Era ormai buio quando Giunio si avventurò su gambe che fingeva malferme all’interno dell’impianto termale. Le ordinate spalliere di lauro gli offrirono un ottimo nascondiglio fino alla chiusura. Quando la tranquillità fu totale, ne emerse ed entrò nel complesso di edifici, puntando senza esitazioni sulla vastissima sala del sudatorio, dove nascose le armi sotto una panca in legno. Quindi cercò un riparo sicuro, dove aspettare il giorno e il momento in cui la struttura pubblica si sarebbe riempita dei notabili della città, tra cui era sicuro che ci sarebbe stato anche Menenio. Era lì, infatti, celato tra i fumi del vapore, che aveva l’inveterata abitudine di gettare i suoi ami e avviare le sue trame.

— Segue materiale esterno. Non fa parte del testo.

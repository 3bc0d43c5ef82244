-- ===== src/Tests/Mail.antt =====
-- A code that is mailed by the verification service and used at the gate server.
use Prim.Native.String.{count}
use qt_chatting.Prelude.{
  ℕ, ◌+◌, ◌≡◌, refl, ap, arith, String, str_eq, eq_refl, true, false, some, List, [], ◌∷◌,
  if◌then◌else◌, returned, Runs, pos,
}
use qt_chatting.Rpc.{RpcConnectionPool}
use qt_chatting.Rpc.Bounds.{Holds, new_pool-Holds}
use qt_chatting.Sql.Laws.{has_email}
use qt_chatting.Varify.{Node, mail_options, get_varify_code, response, service, success}
use qt_chatting.Varify.Correct.{Delivers, Mails, get_varify_code-Mails}
use qt_chatting.Protocol.{resetpwd_mod}
use qt_chatting.Varify.Digits.{padded, value, padded-value, AllDigits}
use qt_chatting.Flow.{linked, Reads, code-Registers}
use qt_chatting.Gate.Outside.{Outside, Gate, Redis}
use qt_chatting.Gate.Logic.{answer_get_varifycode, answer_user_register}
use qt_chatting.Gate.Logic.Register
use qt_chatting.Gate.Logic.Register.{Registers}
use qt_chatting.Tests.Fakes.{World, mysql, bcrypt, json, laws, hashes, world, bob, register_fields}
use qt_chatting.Tests.Database.{pool_of_two}

-- The random number is the least that is asked for.
abbrev node : Node World
node = record {
  random_int = λ a b w. (a, w);
  redis_set = λ key v w.
      (returned tt, record w { stored = λ k. if str_eq k key then some v else w.stored k });
  redis_expire = λ key seconds w. (returned tt, w);
  send_mail = λ mail w. (returned "250 OK", record w { mails = mail ∷ w.mails });
}

abbrev delivers : Delivers node laws.rows
delivers = record {
  stored = λ key w. w.stored key;
  mails = λ w. w.mails;
  random_lem = λ a b w h. (a, w, refl, omega arith, h, refl, refl);
  set_lem = λ key v w. (
    (node.redis_set key v w).1,
    refl,
    ap (λ b. if b then some v else w.stored key) (eq_refl key),
    refl,
    refl,
  );
  expire_lem = λ key seconds w. (w, refl, refl, refl, refl);
  mail_lem = λ mail w. ("250 OK", (node.send_mail mail w).1, refl, λ key. refl, refl, refl);
}

-- Redis as the gate server's client sees it.
abbrev redis : Redis World
redis = record { get = λ key w. (returned (w.stored key), w); ping = λ w. (returned tt, w) }

abbrev both : Outside
both = linked node mysql bcrypt redis json

get_varify_code-Mails_example :
    (k : ℕ) × Runs
      (get_varify_code node (record { email = "ann@example.org"; module_id = pos 1 }))
      world
      (response "ann@example.org" success)
      (Mails node laws.rows delivers "ann@example.org" resetpwd_mod k world)
get_varify_code-Mails_example =
    get_varify_code-Mails node laws.rows delivers "ann@example.org" resetpwd_mod world

padded-value_example : (count (padded 42) ≡ 6) × AllDigits (padded 42) × (value 0 (padded 42) ≡ 42)
padded-value_example = padded-value 42 (omega arith)

-- The request whose fields are the user's, with a code that was typed in.
abbrev form : String → List (String × String)
form code =
    ("username", "ann")
    ∷ ("email", "ann@example.org")
    ∷ ("passwd", "password1")
    ∷ ("reg_varifycode", code)
    ∷ []

abbrev fields : (code : String) → Register.Fields both (form code)
fields code = record {
  email = "ann@example.org";
  code = code;
  username = "ann";
  passwd = "password1";
  email_is = refl;
  code_is = refl;
  username_is = refl;
  passwd_is = refl;
}

abbrev stubs : (p : RpcConnectionPool (Unit {0})) × Holds p [] 0 × (p.max_size + 1 ≡ 4)
stubs =
    let (p, made, holds, max) =
      new_pool-Holds (service node) 2 4 "127.0.0.1" "50051" refl (omega arith) in
    (p, holds, max)

abbrev gate : Gate both
gate = record { sql_pool = pool_of_two; rpc_pool = stubs.0; world = world }

reads : Reads node mysql bcrypt redis json laws hashes delivers
reads key w = (w, refl, refl)

ann_is_new : has_email str_eq "ann@example.org" (bob ∷ []) ≡ false
unfolding has_email
ann_is_new = refl

code-Registers_example :
    (k : ℕ) × (t : Gate both) × (answer_get_varifycode both (some register_fields) gate
      ≡ (returned (record { error = some (pos 0); email = some register_fields }), t))
    × (t.world.mails ≡ mail_options "ann@example.org" (pos 0) (padded k) ∷ [])
    × Registers both laws hashes
        (form (padded k))
        (fields (padded k))
        (bob ∷ [])
        true
        false
        t
        (answer_user_register both (some (form (padded k))))
code-Registers_example =
    code-Registers node mysql bcrypt redis json laws hashes delivers register_fields register_fields
      "ann@example.org" (bob ∷ []) gate form fields [] 0 refl refl stubs.1
      (let max = stubs.2 in omega arith) (record { rows_are = refl; free = omega arith }) reads
      ann_is_new (λ code. refl) (λ code. refl)
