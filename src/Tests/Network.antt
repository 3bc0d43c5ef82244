-- ===== src/Tests/Network.antt =====
-- A network that cuts the address of the server off.
use Prim.Native.String.{[], ◌∷◌, ◌++◌}
use text.Mathlib.TextLemmas.{nil-append, cons-append}
use qt_chatting.Prelude.{String, ◌≡◌, ◌∙◌, ap}
use qt_chatting.Flow.Network.{Network}

abbrev pub prefix : String
prefix = "http://127.0.0.1:8080"

pub cut : String → String → String
cut [] u = u
cut (c ∷ p) [] = []
cut (c ∷ p) (d ∷ u) = cut p u

pub cut-append : (p t : String) → cut p (p ++ t) ≡ t
unfolding cut
cut-append [] t = nil-append t
cut-append (c ∷ p) t = ap (cut (c ∷ p)) (cons-append c p t) ∙ cut-append p t

abbrev pub network : Network prefix
network = record { path_of = cut prefix; path_lem = cut-append prefix }
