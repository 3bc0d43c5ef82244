-- ===== src/Tests/Stubs.antt =====
-- The pool of stubs at work.
use qt_chatting.Prelude.{
  ℕ, ◌≡◌, refl, String, some, List, [], ◌∷◌, ◌++◌, arith, returned, undefined, replicate,
}
use qt_chatting.Protocol.{Modules, register_mod, resetpwd_mod}
use qt_chatting.Ring
use qt_chatting.Ring.{full_node, empty_node}
use qt_chatting.Rpc.{Rpc, RpcConnectionPool, new_pool, get_connection, get_varify_code}
use qt_chatting.Rpc.Bounds.{Holds}
use qt_chatting.Rpc.Client.{answered, request_of, get_varify_code-Holds}
use qt_chatting.Rpc.Threads.{Shared, Step, Reach, IsSound, Reach-IsSound}
use qt_chatting.Rpc.Unusable.{serve_all, new_pool-zeroed_undefined}
use qt_chatting.Tests.Fakes.{grpc, world}
use qt_chatting.Tests.Buffer.{four_places, four_places-Represents}

-- Nothing stored, and room for three stubs.
abbrev pub fresh : Rpc grpc
fresh = record {
  pool = record {
    connections = four_places;
    target = "127.0.0.1:50051";
    max_size = 3;
    current_size = 0;
  };
  world = world;
}

fresh-Holds : Holds fresh.pool [] 0
fresh-Holds = record {
  ring = four_places-Represents;
  capacity_is = refl;
  counted = refl;
  bounded = omega arith;
}

-- One stub lent of two.
abbrev pub lending : Rpc grpc
lending = record {
  pool = record {
    connections = record {
      buffer = full_node (some 9) ∷ empty_node ∷ empty_node ∷ empty_node ∷ [];
      capacity = 4;
      head = 0;
      tail = 1;
    };
    target = "127.0.0.1:50051";
    max_size = 3;
    current_size = 2;
  };
  world = world;
}

pub lending-Holds : Holds lending.pool (9 ∷ []) 1
lending-Holds = record {
  ring = record {
    power = 2;
    power_of_two = refl;
    in_word = omega arith;
    sized = refl;
    head_in = omega arith;
    room = omega arith;
    tail_at = refl;
    filled = (refl, tt);
  };
  capacity_is = refl;
  counted = refl;
  bounded = omega arith;
}

get_varify_code-Holds_example :
    (t : Rpc grpc) × (ys : List ℕ) × (get_varify_code grpc "ann@example.org" register_mod lending
      ≡ (
        returned
            (answered (grpc.get_varify_code 9 (request_of "ann@example.org" register_mod) world).0),
        t,
      ))
    × Holds t.pool (ys ++ 9 ∷ []) 1
    × (t.world ≡ world)
get_varify_code-Holds_example =
    get_varify_code-Holds grpc lending (9 ∷ []) 1 "ann@example.org" register_mod lending-Holds
      (omega arith)

abbrev start : Shared grpc
start = record { rpc = fresh; lent = [] }

abbrev one_lent : Shared grpc
one_lent = record { rpc = (get_connection grpc fresh).1; lent = 0 ∷ [] }

taken_first : get_connection grpc fresh ≡ (returned (some 0), one_lent.rpc)
unfolding get_connection Ring.is_empty
taken_first = refl

Reach-IsSound_example : IsSound grpc 3 one_lent
Reach-IsSound_example =
    Reach-IsSound grpc {max = 3} {c = start} {d = one_lent}
      (record { stored = []; holds = fresh-Holds; limit = refl })
      (Reach.next Reach.here (Step.acquires 0 taken_first refl))

abbrev zeroed_pool : RpcConnectionPool ℕ
zeroed_pool = record {
  connections = record { buffer = replicate 2 empty_node; capacity = 0; head = 0; tail = 0 };
  target = "127.0.0.1:50051";
  max_size = 1;
  current_size = 0;
}

zeroed_made : new_pool grpc 0 2 "127.0.0.1" "50051" ≡ some zeroed_pool
unfolding new_pool Ring.new
zeroed_made = refl

abbrev three_requests : List (String × Modules)
three_requests =
    ("ann@example.org", register_mod)
    ∷ ("bob@example.org", resetpwd_mod)
    ∷ ("eve@example.org", register_mod)
    ∷ []

new_pool-zeroed_undefined_example :
    (serve_all grpc three_requests (record { pool = zeroed_pool; world = world })).0 ≡ undefined
new_pool-zeroed_undefined_example =
    new_pool-zeroed_undefined grpc 2 "127.0.0.1" "50051" zeroed_pool world three_requests
      (omega arith) (omega arith) zeroed_made refl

Nascostosi in un cubicolo dei lavaggi, Giunio dormì alla meglio, svegliandosi alla primissima luce e rimanendo in attesa dell’apertura delle terme. Dal suo nascondiglio poteva tenere perfettamente d’occhio l’ingresso e riconoscere ogni nuovo venuto. Attese e attese, ma, con il passare del tempo, la sua impresa andava sempre più assumendo i toni del fallimento. A pomeriggio inoltrato, Menenio non era ancora comparso sull’ingresso.

Tenendo a freno l’agitazione, Giunio cercò di elaborare un piano alternativo, anche se trovare un altro posto per portare a compimento la sua vendetta gli appariva molto difficile. I tempi erano malsicuri, aveva detto l’uomo della taverna, e i senatori si facevano sempre accompagnare da una nutrita scorta armata.

Fu proprio la scorta a metterlo all’erta. Stava elaborando un’ennesima serie di congetture e ipotesi, quando, poco prima della chiusura, un drappello di soldati si arrestò appena oltre l’ingresso del complesso termale. Dalle loro schiere emerse Menenio, ancora in laticlavio. Al suo fianco, Sestilio stava parlando animatamente. Sentì distintamente il senatore anziano ordinare agli inservienti di sgomberare il salone, invitandoli ad aspettare all’esterno che avesse finito di servirsi dell’impianto. Fu obbedito senza fiatare, dagli inservienti come dagli ultimi frequentatori rimasti nel sudatorio.

Giunio seguì attentamente con lo sguardo i due biechi individui che, rimasti finalmente soli, si dirigevano verso lo spogliatoio. Non li avrebbe persi di vista un istante, in attesa del momento propizio per pareggiare un conto troppo pesante e aperto da troppo tempo.

Cape Canaveral. Florida. Kennedy Space Center.

Aprile 1996.

Il fattore imprevisto, temuto da Kevin Dimarzio e con tanta albagia escluso dagli scienziati della commissione ONU, si era purtroppo verificato. Oltre la scia della cometa Yakutake, completamente nascosto dal suo accecante chiarore, era improvvisamente comparso l’asteroide Speitz-42 su un’orbita completamente diversa da quella calcolata. Come non era riuscito a tenere conto della forza di attrazione della luna, ancor meno Leonard Speitz aveva potuto prevedere la comparsa dell’immensa cometa, con il subbuglio che essa avrebbe potuto provocare nelle traiettorie dei corpi celesti. Né la potevano prevedere gli scienziati, così testardamente ancorati alle loro certezze e decisi a escludere qualsiasi imprevisto. Inutile recriminare. L’asteroide era indubitabilmente, inesorabilmente puntato verso la Terra.